Роня рассеянно махнул рукой:
— Да… По-моему, это КГБ. Помнишь тебе Зыскин про институт Снов говорил?
— Ну…
— Мне кажется что это что-то типа того.
— Ну и что? — Коша оживилась. — Это же прикольно! Соглашайся!
Роня вздохнул:
— Глупая.
— Почему?
— Во-первых — это только предположение. — Роня поежился. — Во-вторых, даже если это так — тайна и ответственность. Тайна обременяет. Влезу — а назад не так просто… Я — широ. Я говорил тебе уже. Кстати! Как твои занятия с мечом?
Коша усмехнулась:
— С каким к черту мечом? Я из такой колбасы еле выпуталась… Если еще выпуталась.
— Из какой?
— Да… — Коша махнула рукой. — Не хочется вспоминать.

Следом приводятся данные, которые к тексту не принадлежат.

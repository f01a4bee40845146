-- ===== src/Chainstate/Members.antt =====
-- The rows of the table as a set, and the queries of src/chainstate.cpp in terms of it.
use xayax.Prelude.{
  ℕ, ◌≤◌, ◌<◌, ◌≡◌, ◌≢◌, ◌↔◌, subst, ◌⊎◌, inl, inr, refl, sym, ◌∙◌, arith, String, Bool, true,
  false, ◌||◌, List, [], ◌∷◌, Option, none, some, select,
}
use xayax.Chainstate.Table.{
  Row, has_hash, clashes, clashes_any, constraints_hold, only, insert_desc, order_desc,
}
use xayax.Chainstate.Fork.{top}

abbrev pub In : Row → List Row → Type 0
In r [] = ⊥
In r (q ∷ qs) = (r ≡ q) ⊎ In r qs

pub In-select :
    (p : Row → Bool) (r : Row) (rs : List Row) → In r rs → p r ≡ true → In r (select p rs)
In-select p r [] i h = elim i [ ]
In-select p r (q ∷ qs) (inl e) h = ground arith
In-select p r (q ∷ qs) (inr i) h = ground (arith, In-select p r qs i h)

pub In-select_inv :
    (p : Row → Bool) (r : Row) (rs : List Row) → In r (select p rs) → In r rs × (p r ≡ true)
In-select_inv p r [] i = elim i [ ]
In-select_inv p r (q ∷ qs) i = ground (arith, In-select_inv p r qs)

not-clashes_any :
    (r q : Row) (qs : List Row) → clashes_any r qs ≡ false → In q qs → clashes q r ≡ false
unfolding clashes_any
not-clashes_any r q [] h i = elim i [ ]
not-clashes_any r q (p ∷ ps) h (inl e) = ground arith
not-clashes_any r q (p ∷ ps) h (inr i) = ground (arith, not-clashes_any r q ps)

-- Two rows with one hash, or with one branch and height, are the same.
pub same_row :
    (r q : Row) (rs : List Row)
    → constraints_hold rs ≡ true
    → In r rs
    → In q rs
    → (r.hash ≡ q.hash) ⊎ ((r.branch ≡ q.branch) × (r.height ≡ q.height))
    → r ≡ q
unfolding constraints_hold
same_row r q [] c i j h = elim i [ ]
same_row r q (p ∷ ps) c (inl e) (inl f) h = e ∙ sym f
same_row r q (p ∷ ps) c (inl e) (inr j) h = absurd (ground (arith, not-clashes_any p q ps))
same_row r q (p ∷ ps) c (inr i) (inl f) h = absurd (ground (arith, not-clashes_any p r ps))
same_row r q (p ∷ ps) c (inr i) (inr j) h = same_row r q ps (ground arith) i j h

-- What a query by hash finds: nothing, if no row has the hash, and else the row.
abbrev pub Finds : String → List Row → Option (Option Row) → Type 0
Finds h rs found =
    ((found ≡ some none) × ((p : Row) → In p rs → p.hash ≢ h))
    ⊎ ((r : Row) × (found ≡ some (some r)) × In r rs × (r.hash ≡ h))

at_most_one :
    (h : String) (l : List Row)
    → ((p : Row) → In p l → p.hash ≡ h)
    → constraints_hold l ≡ true
    → (l ≡ []) ⊎ ((r : Row) × (l ≡ r ∷ []))
unfolding constraints_hold clashes_any
at_most_one h [] i k = inl refl
at_most_one h (r ∷ []) i k = inr (r, refl)
at_most_one h (r ∷ q ∷ l) i k = absurd (ground (arith, i r (inl refl), i q (inr (inl refl))))

clashes_any-select :
    (p : Row → Bool) (r : Row) (rs : List Row)
    → clashes_any r rs ≡ false
    → clashes_any r (select p rs) ≡ false
unfolding clashes_any
clashes_any-select p r [] h = refl
clashes_any-select p r (q ∷ qs) h = ground (arith, clashes_any-select p r qs)

pub constraints_hold-select :
    (p : Row → Bool) (rs : List Row)
    → constraints_hold rs ≡ true
    → constraints_hold (select p rs) ≡ true
unfolding constraints_hold
constraints_hold-select p [] h = refl
constraints_hold-select p (r ∷ rs) h =
    ground (arith, constraints_hold-select p rs, clashes_any-select p r rs)

pub query-Finds :
    (h : String) (rs : List Row)
    → constraints_hold rs ≡ true
    → Finds h rs (only (select (has_hash h) rs))
query-Finds h rs c =
    elim (at_most_one h (select (has_hash h) rs) hashes
      (constraints_hold-select (has_hash h) rs c)) [
        | inl e ↦
            inl (rw e, (λ p i n. subst (In p) e (In-select (has_hash h) p rs i (ground arith))))
        | inr (r, e) ↦
            let found = In-select_inv (has_hash h) r rs (subst (In r) (sym e) (inl refl)) in
            inr (r, rw e, found.0, ground arith)
      ]
  where
    hashes : (p : Row) → In p (select (has_hash h) rs) → p.hash ≡ h
    hashes p i = ground (arith, In-select_inv (has_hash h) p rs i)

-- Order by height changes no row.
In-insert_desc : (q r : Row) (rs : List Row) → In q (insert_desc r rs) ↔ ((q ≡ r) ⊎ In q rs)
unfolding insert_desc
In-insert_desc q r [] = ground arith
In-insert_desc q r (p ∷ ps) = ground (arith, In-insert_desc q r ps)

pub In-order_desc : (q : Row) (rs : List Row) → In q (order_desc rs) ↔ In q rs
unfolding order_desc
In-order_desc q [] = ground arith
In-order_desc q (r ∷ rs) = ground (arith, In-order_desc q rs, In-insert_desc q r (order_desc rs))

-- No row lies above its predecessors.
abbrev pub AllBelow : ℕ → List Row → Type 0
AllBelow h [] = Unit {0}
AllBelow h (r ∷ rs) = (r.height ≤ h) × AllBelow h rs

abbrev pub IsDescending : List Row → Type 0
IsDescending [] = Unit {0}
IsDescending (r ∷ rs) = AllBelow r.height rs × IsDescending rs

AllBelow-mono : (h k : ℕ) (rs : List Row) → h ≤ k → AllBelow h rs → AllBelow k rs
AllBelow-mono h k [] l b = tt
AllBelow-mono h k (r ∷ rs) l b = (omega arith, AllBelow-mono h k rs l b.1)

insert_desc-AllBelow :
    (h : ℕ) (r : Row) (rs : List Row) → r.height ≤ h → AllBelow h rs → AllBelow h (insert_desc r rs)
unfolding insert_desc
insert_desc-AllBelow h r [] l b = ground arith
insert_desc-AllBelow h r (q ∷ qs) l b = ground (arith, insert_desc-AllBelow h r qs)

insert_desc-IsDescending :
    (r : Row) (rs : List Row) → IsDescending rs → IsDescending (insert_desc r rs)
unfolding insert_desc
insert_desc-IsDescending r [] d = ground arith
insert_desc-IsDescending r (q ∷ qs) d = ground (
  arith,
  insert_desc-IsDescending r qs,
  insert_desc-AllBelow q.height r qs,
  AllBelow-mono q.height r.height qs,
)

pub order_desc-IsDescending : (rs : List Row) → IsDescending (order_desc rs)
unfolding order_desc
order_desc-IsDescending [] = tt
order_desc-IsDescending (r ∷ rs) =
    insert_desc-IsDescending r (order_desc rs) (order_desc-IsDescending rs)

pub le_of_AllBelow : (h : ℕ) (r : Row) (rs : List Row) → AllBelow h rs → In r rs → r.height ≤ h
le_of_AllBelow h r [] b i = elim i [ ]
le_of_AllBelow h r (q ∷ qs) b (inl e) = ground arith
le_of_AllBelow h r (q ∷ qs) b (inr i) = le_of_AllBelow h r qs b.1 i

pub le-top : (r : Row) (rs : List Row) → In r rs → r.height ≤ top rs
unfolding top
le-top r [] i = elim i [ ]
le-top r (q ∷ qs) (inl e) = ground arith
le-top r (q ∷ qs) (inr i) = omega (arith, le-top r qs i)

clashes_any-insert_desc :
    (r q : Row) (rs : List Row)
    → clashes_any r (insert_desc q rs) ≡ (clashes q r || clashes_any r rs)
unfolding insert_desc clashes_any
clashes_any-insert_desc r q [] = refl
clashes_any-insert_desc r q (p ∷ ps) = ground (arith, clashes_any-insert_desc r q ps)

insert_desc-keys :
    (r : Row) (rs : List Row)
    → constraints_hold (r ∷ rs) ≡ true
    → constraints_hold (insert_desc r rs) ≡ true
unfolding insert_desc constraints_hold
insert_desc-keys r [] h = ground arith
insert_desc-keys r (q ∷ qs) h =
    ground (arith, insert_desc-keys r qs, clashes_any-insert_desc q r qs)

clashes_any-order_desc :
    (r : Row) (rs : List Row) → clashes_any r (order_desc rs) ≡ clashes_any r rs
unfolding order_desc clashes_any
clashes_any-order_desc r [] = refl
clashes_any-order_desc r (q ∷ qs) =
    ground (arith, clashes_any-insert_desc r q (order_desc qs), clashes_any-order_desc r qs)

pub constraints_hold-order_desc :
    (rs : List Row) → constraints_hold rs ≡ true → constraints_hold (order_desc rs) ≡ true
unfolding order_desc constraints_hold
constraints_hold-order_desc [] h = h
constraints_hold-order_desc (r ∷ rs) h =
    insert_desc-keys r (order_desc rs)
      (ground (arith, constraints_hold-order_desc rs, clashes_any-order_desc r rs))

-- The first two rows of one branch in descending order have falling heights.
pub falls :
    (r q : Row) (rs : List Row)
    → constraints_hold (r ∷ q ∷ rs) ≡ true
    → IsDescending (r ∷ q ∷ rs)
    → q.branch ≡ r.branch
    → q.height < r.height
unfolding constraints_hold clashes_any
falls r q rs c d e = ground arith

pub constraints_hold-tail :
    (r : Row) (rs : List Row) → constraints_hold (r ∷ rs) ≡ true → constraints_hold rs ≡ true
unfolding constraints_hold
constraints_hold-tail r rs c = ground arith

— Вот и поговорили… — усмехнулся Роня.
У Коши шевельнулась в голове неуверенная мысль. Известное лицо с неподвижным сосущим взглядом вспыхнуло перед мысленным взором. Внутри заскребло.
— Слушай! А этот человек. Какой он из себя?
— Ну такой…
Роня вдруг задумался, пытаясь вспомнить, а какой, собственно, был человек, и увидел перед собой лишь плоский серый силуэт. Силуэт был — а человека внутри не было.